Some time ago (I think in 2021) I had to go see a neurologist over really scary symptoms that resembled seizures. I was a nervous wreck about what I was feeling and had barely slept all week, which seemed to be apparent to the doc’s assistant when I sat down in the exam room for questioning or whatever. Dude was pretty young and soft spoken, around my age. He was laser focused doing something on one of those tablet-laptop Surface things as I spoke, presumably writing down my symptoms.
Midway through talking about my symptoms my voice audibly started shaking as I was describing them, clearly upset.

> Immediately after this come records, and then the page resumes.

-- ===== src/Lib.antt =====
-- The threat investigation agent (src/threat_agent).
--
-- An investigation runs tools over the recorded activities of one host, judges what they returned,
-- publishes a report, and proposes response actions. The parts that decide what may be asked, what
-- may be believed and what may be published are modelled here; each refuses, lowers or replaces what
-- a language model proposes.
--
-- Parts and files (paths are below src/threat_agent):
--   Contracts               contracts and judgment/domain/models.py: the records that
--                           the parts exchange, with the fields that the modelled code reads.
--   Cases/BoundaryPolicy    case_management/application/boundary_policy.py. `authorize_call` runs before
--                           a tool and `validate_result` after it. A refusal is a value of `Check`; the
--                           sequence of guards is `◌>>◌`, which stops at the first refusal.
--   Judgment/EvidenceGate   judgment/application/evidence_gate.py. `gate_verdict` lowers a confirmed
--                           verdict whose citations lack a capability that its threat type requires.
--   Judgment/Grounding      judgment/application/report_validation.py. `validate` lists the issues of a
--                           draft; one function per method of `ReportGroundingValidator`.
--   Judgment/Repair         judgment/application/report_repair.py. The `while` loop is recursion on the
--                           number of rejudgments left, which is the bound of the loop itself.
--   Judgment/Publication    judgment/application/graph.py, `publish_investigation_report`, with the
--                           fallback builder of reporting.py: repair, gate, final validation, publication.
--   Shared/Json, Shared/DraftEditor
--                           shared/draft_editor.py: anchored edits of a JSON draft. A `ValueError` is a
--                           `Reason`. A path is held as its steps before the last and the last.
--   Response/Policy         response_advisory/domain/policy.py: the checks on a response proposal.
--   Cases/RuntimeStore      case_management/adapters/runtime_store.py: the tables of the SQLite store as
--                           lists of rows, one function per statement, with the key constraints.
--   Cases/Redaction         `redact_details` of case_management/application/run_service.py.
--   Cases/EventKinds, Cases/Events
--                           `_emit_locked` and `_audit` of run_service.py, with their tables.
--   Cases/RunService        the lifecycle of run_service.py: launch, execution, failure, recovery after a
--                           restart, completion after approval. `◌>>◌` stops at an exception and keeps
--                           what was written. What the execution port does is an argument.
--   Cases/ApprovalService   case_management/application/approval_service.py: the decision on a run;
--                           Pending has the list of pending approvals.
--   Middleware/Budget       agent_middleware/budget.py: the limits, the interceptors of model and tool calls,
--                           and the merge of the counters of parallel calls.
--   Judgment/Gateway        judgment/adapters/investigation_tools.py: `invoke` and what it calls. The handlers
--                           of the data tools, and what they look up, are arguments.
--   Judgment/Policy         judgment/application/policy.py: `validate_action`.
--   Judgment/Loop           judgment/application/graph.py, `JudgmentGraph`: a function per node and per edge. A
--                           `run` is a number of nodes, LangGraph's recursion limit (the fuel).
--   Judgment/MemoryStore    judgment/application/memory_store.py: the archive of a run and its index.
--   Shared/Llm              shared/llm.py: the loop of `invoke_llm`, one function per handler. The fuel is the
--                           number of rounds; the sum of the two budgets is enough.
--   Middleware/Messages     the messages of a conversation, with the fields that the middleware reads.
--   Middleware/Compaction   agent_middleware/compaction.py: the downsizing of the results of tools.
--   Middleware/Hygiene      agent_middleware/hygiene.py: the cleaning of the history before a model call.
--   DataFoundation/Ingestion
--                           data_foundation/application/ingestion.py: `ingest_payloads`, the `try` block of a
--                           payload as a chain of functions, one per call that may raise.
--   DataFoundation/Projection
--                           data_foundation/domain/entity_projection.py: `project`, with the branches on the
--                           type of the activity in `project_detail`. Its closures `entity` and `relation` are
--                           functions from a projection to a projection in DataFoundation/Entities.
--   Evaluation/Reporter     agent_eval/reporter.py: pass^k by case and the regressions between two reports.
--   Middleware/Boundary     agent_middleware/boundary.py: the interceptor that authorises calls and validates
--                           their results. The policy, which writes to the ledger, is an argument.
--   Cases/DataReadiness     case_management/application/data_readiness.py: the readiness of the questions and
--                           the coverage of the domains.
--   Judgment/Assembly       judgment/application/report_assembly.py: Catalog holds the pointers and `resolve`,
--                           Drafting `assemble_report_draft`, Backstops the repairs that need no model, and
--                           Flow the pipeline and its place in `publish_investigation_report` of graph.py.
--   Shared/Text             the operations of `str` that are used, over ASCII.
--   Response/Graph          response_advisory/application/graph.py, `ResponseGraph`: a function per node and edge.
--                           The fuel is the recursion limit; `enough_fuel` is the number of nodes that
--                           a run may need, twice the limit of proposals (at least one) and three.
--   Cases/Governance        case_management/application/graph.py, `CaseGraph`, with contract_builders.py: the
--                           lifecycle of a case around the judgment and the response graph. It has no cycle,
--                           so six nodes are enough; the fuel is the recursion limit, which also holds
--                           for the response graph in it; an interrupt is the configuration `waiting`.
--   Prelude                 shared names, Python's comprehensions, sets of texts, dicts and integers.
--   Examples files          concrete inputs at which the theorems are applied.
--
-- Representation. A Python set of texts is a list asked for membership; `sorted(set(xs))` is an ordered
-- insertion without duplicates. A datetime is an instant in microseconds; `datetime.fromisoformat` is a
-- parameter. A language model is a parameter that may fail. Exceptions are values.
--
-- Not modelled: prompts and composers (calls of a language model), the
-- data and knowledge stores with their queries, the intake of cases, the archive
-- and safety net middleware, the checkpointer of LangGraph, the runner, the scorers
-- and the rate limit of the evaluation (floats), HTTP routes and pages, configuration and wiring. Message
-- texts of issues and denials are left out where no code reads them. `str.isdigit` and `int` are modelled over ASCII.
pub mod Cases
pub mod Contracts
pub mod DataFoundation
pub mod Evaluation
pub mod Judgment
pub mod Middleware
pub mod Prelude
pub mod Response
pub mod Shared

In the middle of my monologue he turns the tablet to face me, closes whatever program he has open and the wallpaper is this fucking collage of pictures of lord farquaad from shrek, lovingly decorated. Dude just sat there placidly smiling at me until I noticed and stopped dead in the middle of a sentence. We sat there in silence like this for like a solid minute before I started wheezing laughing. Before I could even say anything else or process it he picked up the tablet and wordlessly left the room, and I just sat there dumbfounded until the doctor showed up. 10/10 doctor experience tbh
I didn’t own a cell phone at the time to get a photo so this rendition from memory is all I can provide you
ID: a digital drawing of a man in scrubs sitting on a wheeled stool, serenely smiling with his elbow on a rolling cart, where a tablet is flipped open to show an approximation of the Lord Farquaad screensaver. end ID
Reblogging this bc it’s making rounds again
repeat after me: i am a sexy bitch and no one ruins my 2014
I am a sexy bitch and no one ruins my 2014

Anya is live and ready to show you everything. Watch her strip, dance, and perform exclusive shows just for you. Interact in real-time and make your fantasies come true.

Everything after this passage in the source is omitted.